**Material supplied**:
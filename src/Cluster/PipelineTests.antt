-- ===== src/Cluster/PipelineTests.antt =====
-- Examples: a row of the router's examples, over the network of the cluster's examples.
use tantylla.Base.{◌≡◌, refl, none, some, List, [], ◌∷◌, ◌++◌, arith, ◌==◌, if◌then◌else◌}
use tantylla.Base.Assoc.{lookup, insert, update, retain}
use tantylla.Indexer.{upsert, op_type_code, op_type_of, IndexOperation}
use tantylla.Json.Tests.{small_json}
use tantylla.Json.Value.{entry, get}
use tantylla.Json.Merge.{merge_json, merge_fields}
use tantylla.Engine.State.{find_cached_or_indexed}
use tantylla.Engine.Doc.{full_doc_wrapper}
use tantylla.Engine.Batch.{
  process_ops, apply_op, apply_upsert, is_stale, upserted, add_to_index, put_doc, process_batch,
}
use tantylla.Node.Service.{index_batch}
use tantylla.Engine.Tests.{memory, no_docs}
use tantylla.Batcher.Service.{
  World, Service, send_attempts, send_batch_with_retry, send_batches, record_result, flush_result,
  total_processed, max_writetime, operation_of, push_operation, group_items, flush_items, flush,
  address_of, add,
}
use tantylla.Routing.Forward.{route_forward, item_of_row, target_node}
use tantylla.Routing.ForwardTests.{keys, one_node_router, routed, quiet}
use tantylla.Cluster.Ingest.{network, send, delivered, handled}
use tantylla.Cluster.Tests.{fates, commits, cluster}
use tantylla.Cluster.Flush.{IsTaken}
use tantylla.Engine.Committer.{commit_tick}
use tantylla.Routing.Ids.{join_key}
use tantylla.Routing.Operations.{change}
use tantylla.Cluster.Pipeline.{route_forward-Taken}

abbrev lossy : World
lossy =
    network small_json memory "error" "no reply" "no node" (λ i. some "routed")
      (λ text. if text == "routed" then some routed else none) fates commits

abbrev holding : Service
holding = record quiet { buffer = "routed" ∷ [] }

abbrev batch : List IndexOperation
batch = operation_of routed ∷ []

grouped : group_items lossy holding.buffer [] ≡ ("n1", batch) ∷ []
unfolding group_items push_operation operation_of update
grouped = refl

flushed : (flush lossy holding cluster).0 ≡ none
unfolding flush flush_items group_items push_operation operation_of send_batches record_result
    flush_result total_processed max_writetime send_batch_with_retry send_attempts send delivered
    handled index_batch process_batch process_ops op_type_of apply_op apply_upsert
    find_cached_or_indexed lookup insert update is_stale upserted address_of add_to_index put_doc
    full_doc_wrapper merge_json merge_fields entry get commit_tick retain
flushed = refl

-- The first call is lost, and of the second one the reply.
route_forward-Taken_example :
    (ops : List IndexOperation) × IsTaken small_json memory "error" "no reply" "no node"
      (λ i. some "routed")
      (λ text. if text == "routed" then some routed else none)
      fates
      commits
      (λ node. no_docs)
      holding
      (flush lossy holding cluster).2
      (
        "n1",
        ops
            ++ record {
              id = "u1";
              op_type = 1;
              writetime = 5000002;
              cdc_ttl = none;
              payload_json = "{}";
              collection_deltas = [];
              partition_key = some "u1";
            }
              ∷ [],
      )
unfolding target_node route_forward add address_of join_key item_of_row op_type_code
route_forward-Taken_example =
    route_forward-Taken small_json memory "error" "no reply" "no node" (λ i. some "routed")
      (λ text. if text == "routed" then some routed else none) fates commits (λ node. no_docs) keys
      one_node_router "u1" upsert "n1" (5, 2000) "{}" [] quiet holding cluster cluster "routed" refl
      (omega arith) refl refl (change refl refl) refl refl refl (rw grouped (tt, tt))
      (rw grouped (unfold lookup in refl, tt)) flushed
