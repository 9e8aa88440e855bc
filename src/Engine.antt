-- ===== src/Engine.antt =====
-- The node's engine, rust/node/src/engine/core.rs: the cache of uncommitted documents before a Tantivy
-- index, the operations of a batch, the committer and the pruner, and the engine's start.
pub mod Doc
pub mod Index
pub mod State
pub mod Batch
pub mod Committer
pub mod Induction
pub mod Counts
pub mod Cache
pub mod Newest
pub mod Stored
pub mod Synced
pub mod Sync
pub mod Durable
pub mod Gaps
pub mod Reorder
pub mod Open
pub mod Tests
pub mod ReorderTests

**Task item**:
Could you copy out every record above exactly as it appears?

**Solved exercise**:
filename src/Cluster/PipelineTests.antt
-- ===== src/Cluster/PipelineTests.antt =====
-- Examples: a row of the router's examples, over the network of the cluster's examples.
use tantylla.Base.{◌≡◌, refl, none, some, List, [], ◌∷◌, ◌++◌, arith, ◌==◌, if◌then◌else◌}
use tantylla.Base.Assoc.{lookup, insert, update, retain}
use tantylla.Indexer.{upsert, op_type_code, op_type_of, IndexOperation}
use tantylla.Json.Tests.{small_json}
use tantylla.Json.Value.{entry, get}
use tantylla.Json.Merge.{merge_json, merge_fields}
use tantylla.Engine.State.{find_cached_or_indexed}
use tantylla.Engine.Doc.{full_doc_wrapper}
use tantylla.Engine.Batch.{
  process_ops, apply_op, apply_upsert, is_stale, upserted, add_to_index, put_doc, process_batch,
}
use tantylla.Node.Service.{index_batch}
use tantylla.Engine.Tests.{memory, no_docs}
use tantylla.Batcher.Service.{
  World, Service, send_attempts, send_batch_with_retry, send_batches, record_result, flush_result,
  total_processed, max_writetime, operation_of, push_operation, group_items, flush_items, flush,
  address_of, add,
}
use tantylla.Routing.Forward.{route_forward, item_of_row, target_node}
use tantylla.Routing.ForwardTests.{keys, one_node_router, routed, quiet}
use tantylla.Cluster.Ingest.{network, send, delivered, handled}
use tantylla.Cluster.Tests.{fates, commits, cluster}
use tantylla.Cluster.Flush.{IsTaken}
use tantylla.Engine.Committer.{commit_tick}
use tantylla.Routing.Ids.{join_key}
use tantylla.Routing.Operations.{change}
use tantylla.Cluster.Pipeline.{route_forward-Taken}

abbrev lossy : World
lossy =
    network small_json memory "error" "no reply" "no node" (λ i. some "routed")
      (λ text. if text == "routed" then some routed else none) fates commits

abbrev holding : Service
holding = record quiet { buffer = "routed" ∷ [] }

abbrev batch : List IndexOperation
batch = operation_of routed ∷ []

grouped : group_items lossy holding.buffer [] ≡ ("n1", batch) ∷ []
unfolding group_items push_operation operation_of update
grouped = refl

flushed : (flush lossy holding cluster).0 ≡ none
unfolding flush flush_items group_items push_operation operation_of send_batches record_result
    flush_result total_processed max_writetime send_batch_with_retry send_attempts send delivered
    handled index_batch process_batch process_ops op_type_of apply_op apply_upsert
    find_cached_or_indexed lookup insert update is_stale upserted address_of add_to_index put_doc
    full_doc_wrapper merge_json merge_fields entry get commit_tick retain
flushed = refl

-- The first call is lost, and of the second one the reply.
route_forward-Taken_example :
    (ops : List IndexOperation) × IsTaken small_json memory "error" "no reply" "no node"
      (λ i. some "routed")
      (λ text. if text == "routed" then some routed else none)
      fates
      commits
      (λ node. no_docs)
      holding
      (flush lossy holding cluster).2
      (
        "n1",
        ops
            ++ record {
              id = "u1";
              op_type = 1;
              writetime = 5000002;
              cdc_ttl = none;
              payload_json = "{}";
              collection_deltas = [];
              partition_key = some "u1";
            }
              ∷ [],
      )
unfolding target_node route_forward add address_of join_key item_of_row op_type_code
route_forward-Taken_example =
    route_forward-Taken small_json memory "error" "no reply" "no node" (λ i. some "routed")
      (λ text. if text == "routed" then some routed else none) fates commits (λ node. no_docs) keys
      one_node_router "u1" upsert "n1" (5, 2000) "{}" [] quiet holding cluster cluster "routed" refl
      (omega arith) refl refl (change refl refl) refl refl refl (rw grouped (tt, tt))
      (rw grouped (unfold lookup in refl, tt)) flushed
repository 9e8aa88440e855bc
filename src/Engine.antt
-- ===== src/Engine.antt =====
-- The node's engine, rust/node/src/engine/core.rs: the cache of uncommitted documents before a Tantivy
-- index, the operations of a batch, the committer and the pruner, and the engine's start.
pub mod Doc
pub mod Index
pub mod State
pub mod Batch
pub mod Committer
pub mod Induction
pub mod Counts
pub mod Cache
pub mod Newest
pub mod Stored
pub mod Synced
pub mod Sync
pub mod Durable
pub mod Gaps
pub mod Reorder
pub mod Open
pub mod Tests
pub mod ReorderTests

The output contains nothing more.